=== What needs to be done ===
Using the records below, transcribe word for word the stretch from the line that contains "pub nc_asm_block-ok : (s" through the line that contains "volume_block-ok p fit = ground arith", both end lines included, and nothing else.

=== Provided material ===
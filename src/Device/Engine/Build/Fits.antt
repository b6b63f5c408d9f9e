-- ===== src/Device/Engine/Build/Fits.antt =====
-- src/device/engine.rs, `build_commit_steps`: the results of its blocks, up to the equalizer.
use sony_buds_tray_control.Protocol.Codec.Writer
use sony_buds_tray_control.Device.Engine.Build.Block.{
  Block, only, run, send_commit, to_commit, when,
}
use sony_buds_tray_control.Device.Engine.Build.Common.{command, command_t2, to_step}
use sony_buds_tray_control.Device.Engine.Build.Settings.{
  device_list_type, multipoint_block, request_steps,
}
use sony_buds_tray_control.Device.Engine.Build.Sound.{
  button_block, dsee_block, eq_config_block, eq_config_built, eq_preset_block, listening_block,
  nc_asm_block, nc_asm_steps, play_control_block, shutdown_block, volume_block, wire_bands,
  wire_gain,
}
use sony_buds_tray_control.Device.Engine.Build.Total.{IsSome}
use sony_buds_tray_control.Device.Engine.Commit.{both, dirty-commit}
use sony_buds_tray_control.Device.Engine.Defs.{PropCommit, Step}
use sony_buds_tray_control.Device.Properties.{Properties}
use sony_buds_tray_control.Device.State.{MultipointRequest, SupportFunctions, dirty}
use sony_buds_tray_control.Prelude.{
  All, All-append, Bool, Bool-cases, List, Option, Option-cases, [], ap, arith, bool_eq, err, false,
  inl, inr, int_eq, leb, length, length-map, list_eq, map, nat_eq, none, ok, option_eq, refl, some,
  suc, true, zero, ℕ, ℤ, ◌%◌, ◌+◌, ◌==◌, ◌||◌, ◌∷◌, ◌≡◌, ◌≤◌, ◌⊎◌,
}
use sony_buds_tray_control.Protocol.Codec.Error.{SerResult}
use sony_buds_tray_control.Protocol.Codec.Writer.{Writer}
use sony_buds_tray_control.Protocol.Enums.{
  CommandT1, CommandT2, ConnectivityActionType, DataType, EqEbbInquiredType, EqPresetId,
  PeripheralInquiredType, command_t1_enum, command_t2_enum, connectivity_action_type_enum,
  data_type_enum, enum_eq, eq_ebb_inquired_type_enum, eq_preset_id_enum,
  peripheral_inquired_type_enum, to_u8,
}
use sony_buds_tray_control.Protocol.Payloads.{
  EqEbbParamEq, eq_ebb_param_eq_payload, mac_bytes, pad_to, serialize, write_nc_asm_base,
}
use sony_buds_tray_control.Text.{String, as_bytes}

-- The bands fit a payload, or none are to be sent.
abbrev pub BandsFit : Properties → Type 0
BandsFit p =
    ((dirty p.eq_config || dirty p.eq_clear_bass) ≡ false) ⊎ (length p.eq_config.desired ≤ 59)

abbrev pub BlockOk : Block → Type 0
BlockOk b = (p : Properties) → BandsFit p → All IsSome (b p).0 × BandsFit (b p).1

pub run-ok : (bs : List Block) → All BlockOk bs → BlockOk (run bs)
unfolding run
run-ok [] h p fit = (tt, fit)
run-ok (b ∷ bs) h p fit =
    let first = h.0 p fit in
    let rest = run-ok bs h.1 (b p).1 first.1 in
    (All-append IsSome (b p).0 (run bs (b p).1).0 first.0 rest.0, rest.1)

pub when-IsSome : (b : Bool) (ss : List (Option Step)) → All IsSome ss → All IsSome (when b ss)
when-IsSome true ss h = h
when-IsSome false ss h = tt

pub only-ok :
    (f : Properties → List (Option Step)) → ((p : Properties) → All IsSome (f p)) → BlockOk (only f)
only-ok f h p fit = (h p, fit)

-- What `serialize` makes of what was written.
abbrev written : SerResult (Unit {0} × Writer) → Option (List ℕ)
written (ok (_, w)) = some w.buf
written (err _) = none

length-pad_to : (n : ℕ) (bs : List ℕ) → length (pad_to n bs) ≡ n
unfolding pad_to
length-pad_to zero bs = refl
length-pad_to (suc n) [] = ap suc (length-pad_to n [])
length-pad_to (suc n) (b ∷ bs) = ap suc (length-pad_to n bs)

length-mac_bytes : (address : String) → length (mac_bytes address) ≡ 17
unfolding mac_bytes
length-mac_bytes address = length-pad_to 17 (as_bytes address)

pub shutdown_block-ok : (s : SupportFunctions) → BlockOk (shutdown_block s)
unfolding shutdown_block send_commit serialize Writer.u8
shutdown_block-ok s p fit = ground arith

nc_asm_steps-IsSome : (s : SupportFunctions) (p : Properties) → IsSome (nc_asm_steps s p)
unfolding nc_asm_steps send_commit serialize Writer.u8 write_nc_asm_base
nc_asm_steps-IsSome s p = ground arith

pub nc_asm_block-ok : (s : SupportFunctions) → BlockOk (nc_asm_block s)
unfolding nc_asm_block
nc_asm_block-ok s p fit = (when-IsSome _ (nc_asm_steps s p ∷ []) (nc_asm_steps-IsSome s p, tt), fit)

pub button_block-ok : (s : SupportFunctions) → BlockOk (button_block s)
unfolding button_block send_commit serialize Writer.u8
button_block-ok s p fit = ground arith

pub volume_block-ok : BlockOk volume_block
unfolding volume_block send_commit serialize Writer.u8
volume_block-ok p fit = ground arith

pub play_control_block-ok : BlockOk play_control_block
unfolding play_control_block command serialize Writer.u8
play_control_block-ok p fit = ground arith

pub listening_block-ok : (s : SupportFunctions) → BlockOk (listening_block s)
unfolding listening_block send_commit serialize Writer.u8
listening_block-ok s p fit = ground arith

pub dsee_block-ok : (s : SupportFunctions) → BlockOk (dsee_block s)
unfolding dsee_block send_commit serialize Writer.u8
dsee_block-ok s p fit = ground arith

pub eq_preset_block-ok : BlockOk eq_preset_block
unfolding eq_preset_block send_commit command serialize Writer.u8 Writer.pod_array
eq_preset_block-ok p fit = ground arith

length-wire_bands : (p : Properties) → length (wire_bands p) ≤ suc (length p.eq_config.desired)
unfolding wire_bands
length-wire_bands p =
    let gains = p.eq_config.desired in
    elim (Bool-cases (length gains == 5)) [
      | inl five ↦ rw (wire_bands, five) (omega (arith, length-map (wire_gain 10) gains))
      | inr other ↦ rw (wire_bands, other) (omega (arith, length-map (wire_gain 6) gains))
    ]

-- A payload that ends in a run of bytes has a result, when they fit.
pub written-IsSome :
    (v : List ℕ) (w : Writer)
    → length w.buf + length v ≤ w.limit
    → IsSome (written (Writer.bytes v w))
unfolding Writer.bytes
written-IsSome v w fits = ground arith

to_commit-IsSome :
    (type : DataType) (c : PropCommit) (o : Option (List ℕ))
    → IsSome o
    → IsSome (to_commit type c o)
to_commit-IsSome type c none h = h
to_commit-IsSome type c (some bytes) h = tt

pub to_command-IsSome : (type : DataType) (o : Option (List ℕ)) → IsSome o → IsSome (to_step type o)
to_command-IsSome type none h = h
to_command-IsSome type (some bytes) h = tt

eq_param-IsSome :
    (c : PropCommit) (id : EqPresetId) (bands : List ℕ)
    → length bands ≤ 60
    → IsSome (send_commit {A = EqEbbParamEq} c (record { preset_id = id; bands = bands }))
unfolding send_commit serialize Writer.u8 Writer.pod_array
eq_param-IsSome c id bands few =
    let short : leb 256 (length bands) ≡ false = ground arith in
    let head =
      to_u8 CommandT1.eq_ebb_set_param
      ∷ to_u8 EqEbbInquiredType.preset_eq
      ∷ to_u8 id
      ∷ (length bands % 256)
      ∷ [] in
    to_commit-IsSome _ c _ (
      rw (serialize, short)
        (written-IsSome (map (λ b. b) bands) (record { buf = head; limit = 64 })
          (omega (arith, length-map (λ b. b) bands, few))))

pub eq_config_built-ok :
    (p : Properties) (gains : List ℤ)
    → length (wire_bands p) ≤ 60
    → BandsFit p
    → All IsSome (eq_config_built p gains).0 × BandsFit (eq_config_built p gains).1
unfolding command serialize Writer.u8
eq_config_built-ok p [] few fit =
    (tt, inl (both (dirty-commit p.eq_config) (dirty-commit p.eq_clear_bass)))
eq_config_built-ok p (g ∷ gs) few fit = ((eq_param-IsSome _ _ _ few, (tt, tt)), fit)

pub eq_config_block-ok : BlockOk eq_config_block
unfolding eq_config_block
eq_config_block-ok p (inl clean) = rw (eq_config_block, clean) (tt, inl clean)
eq_config_block-ok p (inr few) = elim (Bool-cases (dirty p.eq_config || dirty p.eq_clear_bass)) [
  | inl yes' ↦
      rw (eq_config_block, yes')
        (eq_config_built-ok p p.eq_config.desired (omega (arith, length-wire_bands p, few))
          (inr few))
  | inr clean ↦ rw (eq_config_block, clean) (tt, inr few)
]

pub request_steps-ok :
    (s : SupportFunctions) (r : MultipointRequest) → All IsSome (request_steps s r)
unfolding request_steps command_t2 serialize Writer.u8
request_steps-ok s (MultipointRequest.switch address) =
    let head =
      to_u8 CommandT2.peri_set_extended_param
      ∷ to_u8 PeripheralInquiredType.source_switch_control
      ∷ [] in
    let fits = length-mac_bytes address in
    (
      to_command-IsSome _ _ (
          written-IsSome (mac_bytes address) (record { buf = head; limit = 64 })
            (omega (arith, fits))),
      tt,
    )
request_steps-ok s (MultipointRequest.connect address) =
    let head =
      to_u8 CommandT2.peri_set_extended_param
      ∷ to_u8 (device_list_type s)
      ∷ to_u8 ConnectivityActionType.connect
      ∷ [] in
    let fits = length-mac_bytes address in
    (
      to_command-IsSome _ _ (
          written-IsSome (mac_bytes address) (record { buf = head; limit = 64 })
            (omega (arith, fits))),
      (tt, tt),
    )

pub multipoint_block-ok : (s : SupportFunctions) → BlockOk (multipoint_block s)
unfolding multipoint_block
multipoint_block-ok s p fit = elim (Option-cases p.multipoint_request.desired) [
  | inl nothing ↦ rw (multipoint_block, nothing) (tt, fit)
  | inr (r, asked) ↦ rw (multipoint_block, asked) (request_steps-ok s r, fit)
]
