-- ===== src/Device/Engine/Build/CommitTotal.antt =====
-- src/device/engine.rs: the results of `build_commit_steps` and `request_commit`.
use sony_buds_tray_control.Protocol.Codec.Writer
use sony_buds_tray_control.Device.Engine.Build.Block.{send_commit, send_commit_t2}
use sony_buds_tray_control.Device.Engine.Build.Commit.{build_commit_steps, commit_blocks}
use sony_buds_tray_control.Device.Engine.Build.Fits.{
  BandsFit, BlockOk, button_block-ok, dsee_block-ok, eq_config_block-ok, eq_preset_block-ok,
  listening_block-ok, multipoint_block-ok, nc_asm_block-ok, play_control_block-ok, run-ok,
  shutdown_block-ok, volume_block-ok,
}
use sony_buds_tray_control.Device.Engine.Build.Request.{begin_commit, request_commit}
use sony_buds_tray_control.Device.Engine.Build.Settings.{
  auto_pause_block, auto_power_off_block, gs_block, head_gesture_block, stc_block, touch_block,
  voice_block,
}
use sony_buds_tray_control.Device.Engine.Build.Total.{IsSome, Started, sequence-IsSome}
use sony_buds_tray_control.Device.Engine.Defs.{Engine, Step, commit_ok, done, is_ready}
use sony_buds_tray_control.Device.Engine.Invariant.{EngineOk, begin_task-EngineOk}
use sony_buds_tray_control.Device.Properties.{Properties, is_dirty}
use sony_buds_tray_control.Device.State.{DeviceState, SupportFunctions}
use sony_buds_tray_control.Prelude.{
  All, All-append, Bool-cases, List, Option, [], arith, inl, inr, none, some, ℕ, ◌∷◌,
}
use sony_buds_tray_control.Protocol.Codec.Writer.{Writer}
use sony_buds_tray_control.Protocol.Payloads.{serialize}

stc_block-ok : (s : SupportFunctions) → BlockOk (stc_block s)
unfolding stc_block send_commit serialize Writer.u8
stc_block-ok s p fit = ground arith

touch_block-ok : (s : SupportFunctions) → BlockOk (touch_block s)
unfolding touch_block send_commit serialize Writer.u8 Writer.pod_array
touch_block-ok s p fit = ground arith

head_gesture_block-ok : (s : SupportFunctions) → BlockOk (head_gesture_block s)
unfolding head_gesture_block send_commit serialize Writer.u8
head_gesture_block-ok s p fit = ground arith

auto_power_off_block-ok : (s : SupportFunctions) → BlockOk (auto_power_off_block s)
unfolding auto_power_off_block send_commit serialize Writer.u8
auto_power_off_block-ok s p fit = ground arith

auto_pause_block-ok : (s : SupportFunctions) → BlockOk (auto_pause_block s)
unfolding auto_pause_block send_commit serialize Writer.u8
auto_pause_block-ok s p fit = ground arith

voice_block-ok : (s : SupportFunctions) → BlockOk (voice_block s)
unfolding voice_block send_commit_t2 serialize Writer.u8
voice_block-ok s p fit = ground arith

gs_block-ok : (s : SupportFunctions) → BlockOk (gs_block s)
unfolding gs_block send_commit serialize Writer.u8
gs_block-ok s p fit = ground arith

commit_blocks-ok : (s : SupportFunctions) → All BlockOk (commit_blocks s)
unfolding commit_blocks
commit_blocks-ok s = (
  shutdown_block-ok s,
  (
    nc_asm_block-ok s,
    (
      button_block-ok s,
      (
        volume_block-ok,
        (
          play_control_block-ok,
          (
            multipoint_block-ok s,
            (
              stc_block-ok s,
              (
                listening_block-ok s,
                (
                  eq_preset_block-ok,
                  (
                    eq_config_block-ok,
                    (
                      dsee_block-ok s,
                      (
                        touch_block-ok s,
                        (
                          head_gesture_block-ok s,
                          (
                            auto_power_off_block-ok s,
                            (auto_pause_block-ok s, (voice_block-ok s, (gs_block-ok s, tt))),
                          ),
                        ),
                      ),
                    ),
                  ),
                ),
              ),
            ),
          ),
        ),
      ),
    ),
  ),
)

pub build_commit_steps-IsSome :
    (st : DeviceState) (p : Properties) → BandsFit p → IsSome (build_commit_steps st p).0
unfolding build_commit_steps
build_commit_steps-IsSome st p fit =
    let built = run-ok (commit_blocks st.support) (commit_blocks-ok st.support) p fit in
    sequence-IsSome _ (All-append IsSome _ (some (done commit_ok) ∷ []) built.0 (tt, tt))

begin_commit-Started :
    (now : ℕ) (e : Engine) (b : Option (List Step) × Properties)
    → IsSome b.0
    → EngineOk e
    → Started (begin_commit now e b)
begin_commit-Started now e (none, p) h good = absurd h
begin_commit-Started now e (some [], p) h good = good
begin_commit-Started now e (some (s ∷ ss), p) h good =
    begin_task-EngineOk now (s ∷ ss) (record e { props = p }) good.0

-- On an engine in order the request to commit does not panic, whatever the device supports and
-- whatever the settable values hold, if the equalizer has at most 59 bands or has nothing to send; and
-- it leaves an engine in order, whether a task was running, nothing had changed, or the task of the
-- request was started.
pub request_commit-Started :
    (now : ℕ) (e : Engine) → EngineOk e → BandsFit e.props → Started (request_commit now e)
unfolding request_commit
request_commit-Started now e good fit = elim (Bool-cases (is_ready e)) [
  | inr busy ↦ rw (request_commit, busy) good
  | inl free ↦ elim (Bool-cases (is_dirty e.props)) [
    | inr clean ↦ rw (request_commit, free, clean) good
    | inl changed ↦
        rw (request_commit, free, changed)
          (begin_commit-Started now e (build_commit_steps e.state e.props)
            (build_commit_steps-IsSome e.state e.props fit) good)
  ]
]
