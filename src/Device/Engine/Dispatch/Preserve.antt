-- ===== src/Device/Engine/Dispatch/Preserve.antt =====
-- src/device/engine.rs: the messages of both tables, with the facts about an engine that they preserve.
use sony_buds_tray_control.Device.Engine.Defs.{Engine, Outcome, protocol_info, support_function}
use sony_buds_tray_control.Device.Engine.Dispatch.Audio.{
  on_audio_capability, on_audio_param, on_audio_status, on_system_ext_param, on_system_param,
}
use sony_buds_tray_control.Device.Engine.Dispatch.Common.{on_ok}
use sony_buds_tray_control.Device.Engine.Dispatch.Equalizer.{on_eq_param, on_eq_status}
use sony_buds_tray_control.Device.Engine.Dispatch.Keeps.{
  on_alert-Keeps, on_audio_capability-Keeps, on_audio_param-Keeps, on_audio_status-Keeps,
  on_battery-Keeps, on_capability_info-Keeps, on_codec-Keeps, on_device_info-Keeps,
  on_device_list-Keeps, on_eq_param-Keeps, on_eq_status-Keeps, on_gs_capability-Keeps,
  on_gs_param-Keeps, on_nc_asm-Keeps, on_peri_extended-Keeps, on_play_param-Keeps,
  on_play_status-Keeps, on_power_param-Keeps, on_system_ext_param-Keeps, on_system_param-Keeps,
  on_voice_param-Keeps,
}
use sony_buds_tray_control.Device.Engine.Dispatch.Multipoint.{on_device_list, on_peri_extended}
use sony_buds_tray_control.Device.Engine.Dispatch.NcAsm.{on_nc_asm}
use sony_buds_tray_control.Device.Engine.Dispatch.Playback.{
  on_alert, on_gs_capability, on_gs_param, on_play_param, on_play_status,
}
use sony_buds_tray_control.Device.Engine.Dispatch.Reports.{
  on_battery, on_capability_info, on_codec, on_device_info, on_power_param, on_protocol_info,
  on_support_t1, on_support_t2,
}
use sony_buds_tray_control.Device.Engine.Dispatch.Table1.{dispatch_t1, handle_command_t1}
use sony_buds_tray_control.Device.Engine.Dispatch.Table2.{
  dispatch_t2, handle_command_t2, on_voice_param,
}
use sony_buds_tray_control.Device.Engine.Stable.{Stable}
use sony_buds_tray_control.Prelude.{
  List, [], bool_eq, err, int_eq, list_eq, nat_eq, ok, option_eq, ℕ, ◌∷◌,
}
use sony_buds_tray_control.Protocol.Codec.Error.{SerResult}
use sony_buds_tray_control.Protocol.Enums.{
  CommandT1, CommandT2, command_t1_enum, command_t2_enum, enum_eq, from_u8,
}

module _ {Good : Engine → Type 0} (stable : Stable Good) where
  on_ok-Good :
      {P : Type 0} (e : Engine) (r : SerResult P) (handle : P → Outcome)
      → Good e
      → ((p : P) → Good ((handle p).0))
      → Good ((on_ok e r handle).0)
  unfolding on_ok
  on_ok-Good e (ok p) handle good h = h p
  on_ok-Good e (err why) handle good h = good

  on_protocol_info-Good :
      (now : ℕ) (bytes : List ℕ) (e : Engine) → Good e → Good ((on_protocol_info now bytes e).0)
  unfolding on_protocol_info
  on_protocol_info-Good now bytes e good =
      on_ok-Good e _ _ good (λ p. stable.advanced now protocol_info _ (stable.put_state e _ good))

  on_support_t1-Good :
      (now : ℕ) (bytes : List ℕ) (e : Engine) → Good e → Good ((on_support_t1 now bytes e).0)
  unfolding on_support_t1
  on_support_t1-Good now bytes e good =
      on_ok-Good e _ _ good
        (λ p. stable.advanced now support_function _ (stable.put_state e _ good))

  on_support_t2-Good :
      (now : ℕ) (bytes : List ℕ) (e : Engine) → Good e → Good ((on_support_t2 now bytes e).0)
  unfolding on_support_t2
  on_support_t2-Good now bytes e good =
      on_ok-Good e _ _ good
        (λ p. stable.advanced now support_function _ (stable.put_state e _ good))

  dispatch_t1-Good :
      (now : ℕ) (cmd : CommandT1) (bytes : List ℕ) (e : Engine)
      → Good e
      → Good ((dispatch_t1 now cmd bytes e).0)
  unfolding dispatch_t1
  dispatch_t1-Good now CommandT1.connect_ret_protocol_info bytes e good =
      on_protocol_info-Good now bytes e good
  dispatch_t1-Good now CommandT1.connect_ret_capability_info bytes e good =
      stable.kept e (on_capability_info bytes e) (on_capability_info-Keeps bytes e) good
  dispatch_t1-Good now CommandT1.connect_ret_device_info bytes e good =
      stable.kept e (on_device_info bytes e) (on_device_info-Keeps bytes e) good
  dispatch_t1-Good now CommandT1.connect_ret_support_function bytes e good =
      on_support_t1-Good now bytes e good
  dispatch_t1-Good now CommandT1.common_ret_status bytes e good =
      stable.kept e (on_codec bytes e) (on_codec-Keeps bytes e) good
  dispatch_t1-Good now CommandT1.common_ntfy_status bytes e good =
      stable.kept e (on_codec bytes e) (on_codec-Keeps bytes e) good
  dispatch_t1-Good now CommandT1.power_ret_status bytes e good =
      stable.kept e (on_battery bytes e) (on_battery-Keeps bytes e) good
  dispatch_t1-Good now CommandT1.power_ret_param bytes e good =
      stable.kept e (on_power_param bytes e) (on_power_param-Keeps bytes e) good
  dispatch_t1-Good now CommandT1.power_ntfy_param bytes e good =
      stable.kept e (on_power_param bytes e) (on_power_param-Keeps bytes e) good
  dispatch_t1-Good now CommandT1.eq_ebb_ret_status bytes e good =
      stable.kept e (on_eq_status bytes e) (on_eq_status-Keeps bytes e) good
  dispatch_t1-Good now CommandT1.eq_ebb_ntfy_status bytes e good =
      stable.kept e (on_eq_status bytes e) (on_eq_status-Keeps bytes e) good
  dispatch_t1-Good now CommandT1.eq_ebb_ret_param bytes e good =
      stable.kept e (on_eq_param bytes e) (on_eq_param-Keeps bytes e) good
  dispatch_t1-Good now CommandT1.eq_ebb_ntfy_param bytes e good =
      stable.kept e (on_eq_param bytes e) (on_eq_param-Keeps bytes e) good
  dispatch_t1-Good now CommandT1.nc_asm_ret_param bytes e good =
      stable.kept e (on_nc_asm bytes e) (on_nc_asm-Keeps bytes e) good
  dispatch_t1-Good now CommandT1.nc_asm_ntfy_param bytes e good =
      stable.kept e (on_nc_asm bytes e) (on_nc_asm-Keeps bytes e) good
  dispatch_t1-Good now CommandT1.play_ret_status bytes e good =
      stable.kept e (on_play_status bytes e) (on_play_status-Keeps bytes e) good
  dispatch_t1-Good now CommandT1.play_ntfy_status bytes e good =
      stable.kept e (on_play_status bytes e) (on_play_status-Keeps bytes e) good
  dispatch_t1-Good now CommandT1.play_ret_param bytes e good =
      stable.kept e (on_play_param bytes e) (on_play_param-Keeps bytes e) good
  dispatch_t1-Good now CommandT1.play_ntfy_param bytes e good =
      stable.kept e (on_play_param bytes e) (on_play_param-Keeps bytes e) good
  dispatch_t1-Good now CommandT1.general_setting_ret_capability bytes e good =
      stable.kept e (on_gs_capability bytes e) (on_gs_capability-Keeps bytes e) good
  dispatch_t1-Good now CommandT1.general_setting_ret_param bytes e good =
      stable.kept e (on_gs_param bytes e) (on_gs_param-Keeps bytes e) good
  dispatch_t1-Good now CommandT1.general_setting_ntfy_param bytes e good =
      stable.kept e (on_gs_param bytes e) (on_gs_param-Keeps bytes e) good
  dispatch_t1-Good now CommandT1.audio_ret_capability bytes e good =
      stable.kept e (on_audio_capability bytes e) (on_audio_capability-Keeps bytes e) good
  dispatch_t1-Good now CommandT1.audio_ret_status bytes e good =
      stable.kept e (on_audio_status bytes e) (on_audio_status-Keeps bytes e) good
  dispatch_t1-Good now CommandT1.audio_ntfy_status bytes e good =
      stable.kept e (on_audio_status bytes e) (on_audio_status-Keeps bytes e) good
  dispatch_t1-Good now CommandT1.audio_ret_param bytes e good =
      stable.kept e (on_audio_param bytes e) (on_audio_param-Keeps bytes e) good
  dispatch_t1-Good now CommandT1.audio_ntfy_param bytes e good =
      stable.kept e (on_audio_param bytes e) (on_audio_param-Keeps bytes e) good
  dispatch_t1-Good now CommandT1.system_ret_param bytes e good =
      stable.kept e (on_system_param bytes e) (on_system_param-Keeps bytes e) good
  dispatch_t1-Good now CommandT1.system_ntfy_param bytes e good =
      stable.kept e (on_system_param bytes e) (on_system_param-Keeps bytes e) good
  dispatch_t1-Good now CommandT1.system_ret_ext_param bytes e good =
      stable.kept e (on_system_ext_param bytes e) (on_system_ext_param-Keeps bytes e) good
  dispatch_t1-Good now CommandT1.system_ntfy_ext_param bytes e good =
      stable.kept e (on_system_ext_param bytes e) (on_system_ext_param-Keeps bytes e) good
  dispatch_t1-Good now CommandT1.alert_ntfy_param bytes e good =
      stable.kept e (on_alert bytes e) (on_alert-Keeps bytes e) good
  dispatch_t1-Good now _ bytes e good = good

  pub handle_command_t1-Good :
      (now : ℕ) (bytes : List ℕ) (e : Engine) → Good e → Good ((handle_command_t1 now bytes e).0)
  unfolding handle_command_t1
  handle_command_t1-Good now [] e good = good
  handle_command_t1-Good now (cmd ∷ rest) e good =
      dispatch_t1-Good now (from_u8 cmd) (cmd ∷ rest) e good

  dispatch_t2-Good :
      (now : ℕ) (cmd : CommandT2) (bytes : List ℕ) (e : Engine)
      → Good e
      → Good ((dispatch_t2 now cmd bytes e).0)
  unfolding dispatch_t2
  dispatch_t2-Good now CommandT2.connect_ret_support_function bytes e good =
      on_support_t2-Good now bytes e good
  dispatch_t2-Good now CommandT2.voice_guidance_ret_param bytes e good =
      stable.kept e (on_voice_param bytes e) (on_voice_param-Keeps bytes e) good
  dispatch_t2-Good now CommandT2.voice_guidance_ntfy_param bytes e good =
      stable.kept e (on_voice_param bytes e) (on_voice_param-Keeps bytes e) good
  dispatch_t2-Good now CommandT2.peri_ret_param bytes e good =
      stable.kept e (on_device_list bytes e) (on_device_list-Keeps bytes e) good
  dispatch_t2-Good now CommandT2.peri_ntfy_extended_param bytes e good =
      stable.kept e (on_peri_extended bytes e) (on_peri_extended-Keeps bytes e) good
  dispatch_t2-Good now _ bytes e good = good

  pub handle_command_t2-Good :
      (now : ℕ) (bytes : List ℕ) (e : Engine) → Good e → Good ((handle_command_t2 now bytes e).0)
  unfolding handle_command_t2
  handle_command_t2-Good now [] e good = good
  handle_command_t2-Good now (cmd ∷ rest) e good =
      dispatch_t2-Good now (from_u8 cmd) (cmd ∷ rest) e good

=== Task result ===
pub nc_asm_block-ok : (s : SupportFunctions) → BlockOk (nc_asm_block s)
unfolding nc_asm_block
nc_asm_block-ok s p fit = (when-IsSome _ (nc_asm_steps s p ∷ []) (nc_asm_steps-IsSome s p, tt), fit)

pub button_block-ok : (s : SupportFunctions) → BlockOk (button_block s)
unfolding button_block send_commit serialize Writer.u8
button_block-ok s p fit = ground arith

pub volume_block-ok : BlockOk volume_block
unfolding volume_block send_commit serialize Writer.u8
volume_block-ok p fit = ground arith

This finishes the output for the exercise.